Russian and Japanese scientists have created a superconducting structure with the properties of a single atom

Russian and Japanese scientists have created a superconducting structure with the properties of a single atom

Scientists of the Physics Institute named after PN Lebedev RAS (FIAN), in collaboration with Japanese colleagues, managed to create a superconducting chip that reproduces the “work” of a single atom, and even demonstrated with its help a number of quantum effects, including lasing.

The current prototype of the device, developed at the research laboratory of the NEC corporation, where FIAN employees work under contract, is a metal film structure on an ordinary silicon chip. It was made by the method of electronic lithography – by sputtering aluminum films at various angles through a germanium mask formed by reactive ion etching. The object is rather complex, consisting of various elements: waveguide lines supplying and removing microwave radiation, a resonator, and an island superconducting structure, which contains nanometer tunnel junctions.

It is this island that can be called an artificial atom. The analogy with the atom is that discrete energy levels arise for a charge placed here, a Cooper pair, or a single electron. In this case, the states that are capable of occupying charges can be pre-constructed by the researcher. “Unlike ordinary ones, artificial atoms with predetermined properties can be made on a chip,” says one of the authors of the work, Yuri Pashkin. – The distance between energy levels can be set in a wide range – for example, voltage or magnetic field. Due to their large dimensions compared to ordinary atoms, artificial ones interact much more strongly with electromagnetic radiation. These properties make it possible to study quantum optics on a chip in the limiting case when the optical medium is reduced to a single atom. ”

By changing the parameters of an artificial atom and its connection with external elements, scientists can form “their” energy levels, different from those created by nature in the elements listed in the periodic table. Having created such an atom, it can be used as an element of a technical device – for example, a quantum generator. To do this, it is necessary to ensure the so-called inverse population, that is, to make sure that the population of the upper energy level exceeds the population of the level lying below.

Such an experiment has already been carried out. “The active optical medium in the form of a single atom is coherently connected to the microwave cavity,” explains Oleg Astafiev, NEC employee. – Inverse population in an artificial atom was created by passing a direct current (current pumping). When the rate of generation of photons by an atom exceeded the rate of their decay in the cavity, the accumulation and emission of photons took place in it, which was then amplified and detected. The strong bond between the atom and the resonator here, in contrast to conventional lasers and masers, leads to a thresholdless lasing regime. ”

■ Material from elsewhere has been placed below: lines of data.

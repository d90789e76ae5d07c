-- ===== src/Examples/Publishing.antt =====
-- The publishing of pages at concrete inputs.
use cherry_wiki.Base.{[], ◌∷◌, ◌≡◌, refl, ◌↔◌}
use cherry_wiki.Wiki.{status, thrown, publish, archive, get_next_version_no}
use cherry_wiki.Wiki.Lifecycle.{archives, Step, Answers, Answers-iff}

archive_test :
    (archive "published" ≡ status "archived")
    × (publish "archived" ≡ thrown "INVALID_PUBLISH_TRANSITION")
unfolding archive publish
archive_test = (refl, refl)

Answers-iff_example : Answers archives "published" "archived" ↔ Step archives "published" "archived"
Answers-iff_example = Answers-iff archives "published" "archived"

next_version : get_next_version_no (2 ∷ 7 ∷ 3 ∷ []) ≡ 8
unfolding get_next_version_no
next_version = refl
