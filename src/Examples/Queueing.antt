-- ===== src/Examples/Queueing.antt =====
-- The event queue of a turn at concrete runs.
use cherry_wiki.Base.{ℕ, true, List, [], ◌∷◌, ◌++◌, length, ◌≡◌, ◌⊎◌, refl}
use cherry_wiki.Agent.Queue.{
  returned, enqueue, resolve_pending, resolve_settlement, complete, wait_until_settled, iterator,
  round, next,
}
use cherry_wiki.Agent.Queue.Order.{
  Action, pushes, completes, takes, iterates, waits, start, run, act, in_flight, events_in_order,
}
use cherry_wiki.Agent.Queue.Drain.{held, times, completed_drains}
use cherry_wiki.Agent.Queue.Settlement.{ids, requested, settled_when_over}

-- The consumer waits for the first event; two more come before it runs again.
abbrev actions : List (Action ℕ ℕ)
actions = iterates ∷ takes ∷ waits 7 ∷ pushes 1 ∷ pushes 2 ∷ pushes 3 ∷ takes ∷ []

events_in_order_example :
    (rest : List ℕ) × ((run actions start).accepted ≡ (run actions start).delivered ++ rest)
    × (((run actions start).queue.disposed ≡ true)
        ⊎ (rest ≡ in_flight (run actions start).queue.wait ++ (run actions start).queue.buffer))
events_in_order_example = events_in_order actions

completed_drains_example :
    (n : ℕ) × (n ≡ length (held (run actions start).queue))
    × ((run (times n takes) (act completes (run actions start))).delivered
        ≡ (run actions start).accepted)
    × ((next (run (times n takes) (act completes (run actions start))).queue).0 ≡ returned)
unfolding run act enqueue complete wait_until_settled iterator round next resolve_pending
    resolve_settlement
completed_drains_example = completed_drains actions refl refl (λ e. absurd (cc)) refl

abbrev over : List (Action ℕ ℕ)
over = waits 7 ∷ pushes 1 ∷ waits 8 ∷ completes ∷ waits 9 ∷ []

settled_when_over_example : ids (run over start).queue.settled ≡ requested over
unfolding run act enqueue complete wait_until_settled iterator round next resolve_pending
    resolve_settlement
settled_when_over_example = settled_when_over over refl

drains_all :
    (run (takes ∷ takes ∷ completes ∷ takes ∷ []) (run actions start)).delivered ≡ 1 ∷ 2 ∷ 3 ∷ []
unfolding run act enqueue complete wait_until_settled iterator round next resolve_pending
    resolve_settlement
drains_all = refl
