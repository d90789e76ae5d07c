-- ===== src/Net/Capture.antt =====
-- captureAndStoreResponse of apps/api/src/common/middleware/idempotency.middleware.ts, up to its
-- `finish`: what the wrapped `write` and `end` of a response keep of its body.
pub mod Whole
use cherry_wiki.Base.{
  ℕ, ◌+◌, Bool, true, false, Option, none, some, List, [], ◌∷◌, ◌++◌, length, ltb, if◌then◌else◌,
}

-- The bytes of a chunk; none: there is no chunk, or it is of no known type.
abbrev pub Chunk : Type 0
Chunk = Option (List ℕ)

pub record CaptureState : Type 0 where
  pub chunks : List (List ℕ)
  pub total_bytes : ℕ
  pub exceeded_size_limit : Bool

abbrev pub nothing_captured : CaptureState
nothing_captured = record { chunks = []; total_bytes = 0; exceeded_size_limit = false }

abbrev pub max_cached_response_bytes : ℕ
max_cached_response_bytes = 1048576

abbrev take_buffer : Chunk → CaptureState → CaptureState
take_buffer none c = c
take_buffer (some buffer) c =
    let total = c.total_bytes + length buffer in
    if ltb max_cached_response_bytes total
    then record c { exceeded_size_limit = true; chunks = [] }
    else record c { total_bytes = total; chunks = c.chunks ++ buffer ∷ [] }

unfoldable pub capture_chunk : Chunk → CaptureState → CaptureState
capture_chunk chunk c = if c.exceeded_size_limit then c else take_buffer chunk c

-- `res.write`, by whether it is called from within the original `end`.
unfoldable pub res_write : Bool → Chunk → CaptureState → CaptureState
res_write forwarding_end_chunk chunk c = if forwarding_end_chunk then c else capture_chunk chunk c

abbrev pub write_all : Bool → List Chunk → CaptureState → CaptureState
write_all forwarding [] c = c
write_all forwarding (chunk ∷ chunks) c = write_all forwarding chunks (res_write forwarding chunk c)

-- `res.end`; the original `end` may call `write` for `inner` chunks.
unfoldable pub res_end : List Chunk → Chunk → CaptureState → CaptureState
res_end inner chunk c = write_all true inner (capture_chunk chunk c)

-- A response: what is written, then the chunk of its end.
unfoldable pub capture : List Chunk → List Chunk → Chunk → CaptureState
capture inner written last = res_end inner last (write_all false written nothing_captured)

-- Buffer.concat.
unfoldable pub concat : List (List ℕ) → List ℕ
concat [] = []
concat (x ∷ xs) = x ++ concat xs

The radiation of conventional laser devices is formed in a wide spectral range, including optical. In artificial atoms, the radiation frequency is much lower than the frequency of visible light (in general, it depends on the size of the energy gap of the superconductor). Thus, the first created device, where an aluminum film with a superconducting gap of about 0.2 MeV serves as a superconductor, operates at a frequency of about 0.01 THz. Generators of such frequencies can find application in computers based on superconducting elements (including quantum ones), since they are easily combined with them. If a film made of a high-temperature superconductor is used, the radiation frequency can be increased by 1–2 orders of magnitude, and then it will fall into the terahertz range.

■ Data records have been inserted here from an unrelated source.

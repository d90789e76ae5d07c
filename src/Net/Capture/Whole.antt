-- ===== src/Net/Capture/Whole.antt =====
-- What is captured of a response is all of it or nothing.
use mathlib.Core.List.{append-nil, append_assoc}
use cherry_wiki.Base.{
  ℕ, ◌+◌, ◌≤◌, ◌<◌, true, false, none, some, List, [], ◌∷◌, ◌++◌, length, length-append, ltb,
  if◌then◌else◌, ◌≡◌, refl, ap, sym, ◌∙◌, subst, arith, ◌⊎◌, inl, inr, Bool-cases,
}
use cherry_wiki.Net.Capture.{
  Chunk, CaptureState, nothing_captured, max_cached_response_bytes, capture_chunk, res_write,
  write_all, res_end, capture, concat,
}

abbrev pub bytes_of : Chunk → List ℕ
bytes_of none = []
bytes_of (some bytes) = bytes

-- The body of a response.
abbrev pub body_of : List Chunk → List ℕ
body_of [] = []
body_of (chunk ∷ chunks) = bytes_of chunk ++ body_of chunks

abbrev pub IsWhole : List ℕ → CaptureState → Type 0
IsWhole body c =
    ((c.exceeded_size_limit ≡ false)
      × (concat c.chunks ≡ body)
      × (c.total_bytes ≡ length body)
      × (length body ≤ max_cached_response_bytes))
    ⊎ ((c.exceeded_size_limit ≡ true) × (c.chunks ≡ []) × (max_cached_response_bytes < length body))

concat_end : (xs : List (List ℕ)) (x : List ℕ) → concat (xs ++ x ∷ []) ≡ concat xs ++ x
unfolding concat
concat_end [] x = append-nil x
concat_end (y ∷ xs) x = ap (λ l. y ++ l) (concat_end xs x) ∙ sym (append_assoc y (concat xs) x)

capture_chunk-IsWhole :
    (body : List ℕ) (chunk : Chunk) (c : CaptureState)
    → IsWhole body c
    → IsWhole (body ++ bytes_of chunk) (capture_chunk chunk c)
unfolding capture_chunk
capture_chunk-IsWhole body none c (inl (still_open, all, size, fits)) =
    ground (arith, append-nil body)
capture_chunk-IsWhole body (some bytes) c (inl (still_open, all, size, fits)) =
    elim (Bool-cases (ltb max_cached_response_bytes (c.total_bytes + length bytes))) [
      | inl big ↦
          rw (still_open, big, if◌then◌else◌)
            (inr (refl, refl, ground (arith, length-append body bytes)))
      | inr small ↦
          rw (still_open, small, if◌then◌else◌)
            (inl (
              refl,
              concat_end c.chunks bytes ∙ ap (λ l. l ++ bytes) all,
              ground (arith, length-append body bytes),
              ground (arith, length-append body bytes),
            ))
    ]
capture_chunk-IsWhole body chunk c (inr (over, none_left, big)) =
    rw (over, if◌then◌else◌)
      (inr (refl, none_left, omega (arith, length-append body (bytes_of chunk))))

write_all-IsWhole :
    (body : List ℕ) (chunks : List Chunk) (c : CaptureState)
    → IsWhole body c
    → IsWhole (body ++ body_of chunks) (write_all false chunks c)
unfolding res_write
write_all-IsWhole body [] c w = subst (λ b. IsWhole b c) (sym (append-nil body)) w
write_all-IsWhole body (chunk ∷ chunks) c w =
    let c' = capture_chunk chunk c in
    subst (λ b. IsWhole b (write_all false chunks c'))
      (append_assoc body (bytes_of chunk) (body_of chunks))
      (write_all-IsWhole (body ++ bytes_of chunk) chunks c' (capture_chunk-IsWhole body chunk c w))

forwarded : (inner : List Chunk) (c : CaptureState) → write_all true inner c ≡ c
unfolding res_write
forwarded [] c = refl
forwarded (chunk ∷ inner) c = forwarded inner c

-- Whatever chunks a response is written in, and whatever part of its last chunk the original end writes again, the capture holds the whole body, each byte once and in its order, if this is at most 1048576 bytes long; if it is longer, the capture is marked as too large and empty.
pub capture-IsWhole :
    (inner written : List Chunk) (last : Chunk)
    → IsWhole (body_of written ++ bytes_of last) (capture inner written last)
unfolding capture res_end concat
capture-IsWhole inner written last =
    let c = write_all false written nothing_captured in
    subst (λ d. IsWhole (body_of written ++ bytes_of last) d)
      (sym (forwarded inner (capture_chunk last c)))
      (capture_chunk-IsWhole (body_of written) last c
        (write_all-IsWhole [] written nothing_captured (inl (refl, refl, refl, omega arith))))
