-- ===== src/Net/Idempotency.antt =====
-- apps/api/src/common/middleware/idempotency.middleware.ts: of the requests that carry one key, one
-- is handled and the others get its response. A value of Redis is the word 'processing' or the
-- text that JSON.stringify makes of a response; the clock is in milliseconds. A step is what runs
-- between two awaits, so that other requests come between the commands of one.
pub mod Exclusive
pub mod Replay
use text.Mathlib.Text.{starts_with}
use cherry_wiki.Base.{
  set_key, ℕ, ◌+◌, ◌<◌, String, Bool, true, false, ◌&&◌, not, Option, none, some, List, leb, ltb,
  ◌==◌, ◌=ₛ◌, ◌≡◌, if◌then◌else◌,
}
use cherry_wiki.Base.Text.{to_lower}
use cherry_wiki.Net.Capture.{Chunk, CaptureState, capture, concat}

pub record StoredIdempotentResponse : Type 0 where
  pub status_code : ℕ
  pub body : List ℕ
  pub content_type : String

pub data Value : Type 0 where
  processing : Value
  cached : StoredIdempotentResponse → Value

pub record Entry : Type 0 where
  pub value : Value
  pub expires_at : ℕ

-- What `replayResponse` answers; `is_replayed` is the header X-Idempotent-Replayed.
pub record Replayed : Type 0 where
  pub status_code : ℕ
  pub is_replayed : Bool
  pub content_type : String
  pub body : List ℕ

abbrev pub replay_response : StoredIdempotentResponse → Replayed
replay_response stored = record {
  status_code = 200;
  is_replayed = true;
  content_type = stored.content_type;
  body = stored.body;
}

abbrev pub live : ℕ → Option Entry → Option Entry
live now none = none
live now (some e) = if leb e.expires_at now then none else some e

abbrev pub processing_ttl : ℕ
processing_ttl = 300000

abbrev pub ttl : ℕ
ttl = 86400000

-- Where the middleware stands with a request. `running`: `next` has been called at a time, with
-- the reservation or without it.
pub data Phase : Type 0 where
  arriving reading conflicted finished : Phase
  running : Bool → ℕ → Phase
  replayed : Replayed → Phase

pub record Request : Type 0 where
  pub key : String
  pub phase : Phase

pub record Server : Type 0 where
  pub now : ℕ
  pub store : String → Option Entry
  pub requests : ℕ → Request

abbrev pub set_phase : ℕ → Phase → Server → Server
set_phase i phase s = record s {
  requests = λ j. if i == j then record (s.requests i) { phase = phase } else s.requests j;
}

abbrev pub put : String → Option Entry → Server → Server
put key e s = record s { store = set_key key e s.store }

abbrev pub set_nx : Option Entry → ℕ → Server → Server
set_nx none i s =
    put (s.requests i).key
      (some (record { value = processing; expires_at = s.now + processing_ttl }))
      (set_phase i (running true s.now) s)
set_nx (some e) i s = set_phase i reading s

-- `reserveOrReadExisting`, its SET.
unfoldable pub reserve : ℕ → Server → Server
reserve i s = set_nx (live s.now (s.store (s.requests i).key)) i s

abbrev pub answer : Value → Phase
answer processing = conflicted
answer (cached r) = replayed (replay_response r)

abbrev pub phase_of : Option Entry → ℕ → Phase
phase_of none now = running false now
phase_of (some e) now = answer e.value

-- `reserveOrReadExisting`, its GET, after a SET that found the key; and what `use` makes of it.
unfoldable pub read : ℕ → Server → Server
read i s = set_phase i (phase_of (live s.now (s.store (s.requests i).key)) s.now) s

-- A command of `reserveOrReadExisting` fails: the request is handled without a reservation.
unfoldable pub fail : ℕ → Server → Server
fail i s = set_phase i (running false s.now) s

pub record Response : Type 0 where
  pub status_code : ℕ
  pub content_type : Option String
  pub written : List Chunk
  pub last : Chunk
  pub rewritten : List Chunk  -- by the original `end`

-- `isCacheableResponse` and `createStoredResponse`.
unfoldable pub stored_response : ℕ → Option String → CaptureState → Option StoredIdempotentResponse
stored_response status none c = none
stored_response status (some content_type) c =
    if leb 200 status
      && ltb status 300
      && starts_with (to_lower content_type) "application/json"
      && not c.exceeded_size_limit
    then some (record { status_code = status; body = concat c.chunks; content_type = content_type })
    else none

abbrev pub entry_of : ℕ → Option StoredIdempotentResponse → Option Entry
entry_of now none = none
entry_of now (some r) = some (record { value = cached r; expires_at = now + ttl })

-- The listener of `finish`: the response is stored, or the reservation deleted.
unfoldable pub finish : ℕ → Response → Server → Server
unfolding stored_response
finish i r s =
    put (s.requests i).key
      (entry_of s.now
        (stored_response r.status_code r.content_type (capture r.rewritten r.written r.last)))
      (set_phase i finished s)

-- What requests and time do, in any order. A handler with a reservation ends before this expires.
pub data Step (s : Server) : Server → Type 0 where
  reserves : (i : ℕ) → (s.requests i).phase ≡ arriving → Step s (reserve i s)
  reads : (i : ℕ) → (s.requests i).phase ≡ reading → Step s (read i s)
  fails_to_reserve : (i : ℕ) → (s.requests i).phase ≡ arriving → Step s (fail i s)
  fails_to_read : (i : ℕ) → (s.requests i).phase ≡ reading → Step s (fail i s)
  finishes :
      (i since : ℕ) (r : Response)
      → (s.requests i).phase ≡ running true since
      → s.now < since + processing_ttl
      → Step s (finish i r s)
  -- A handler without a reservation ends, or the command of `finish` fails.
  ends :
      (i since : ℕ) (reserved : Bool)
      → (s.requests i).phase ≡ running reserved since
      → Step s (set_phase i finished s)
  waits : (t : ℕ) → Step s (record s { now = s.now + t })

-- Requests with any keys that have not come yet, and an empty Redis.
abbrev pub opening : (ℕ → String) → Server
opening keys = record {
  now = 0;
  store = λ k. none;
  requests = λ i. record { key = keys i; phase = arriving };
}

pub data Reach (keys : ℕ → String) : Server → Type 0 where
  start : Reach keys (opening keys)
  later : {s s' : Server} → Reach keys s → Step s s' → Reach keys s'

This range is an intermediate region that is difficult to access both for classical methods of radiation generation and for quantum-optical methods (lasers). However, a whole class of extremely important applied problems is associated with its development. Spectroscopy in the THz range can be used in a wide variety of fields – from the detection of explosives, narcotic substances and toxicants to medical express diagnostics of the air exhaled by a person. “The terahertz range is poorly mastered,” says Vladimir Pudalov, head of the department of high-temperature superconductivity and nanostructures at the Lebedev Physical Institute. – And now a way has been found how to approach him with all grace. Fifteen years ago, physicists learned to create artificial atoms and watch how a single electron, two electrons, three, a multielectron system lives in them. But that was a game, now it is a working device. This is an exceptional success. ”

Prepared on the basis of the materials of the Physics Institute. P.N. Lebedev RAS.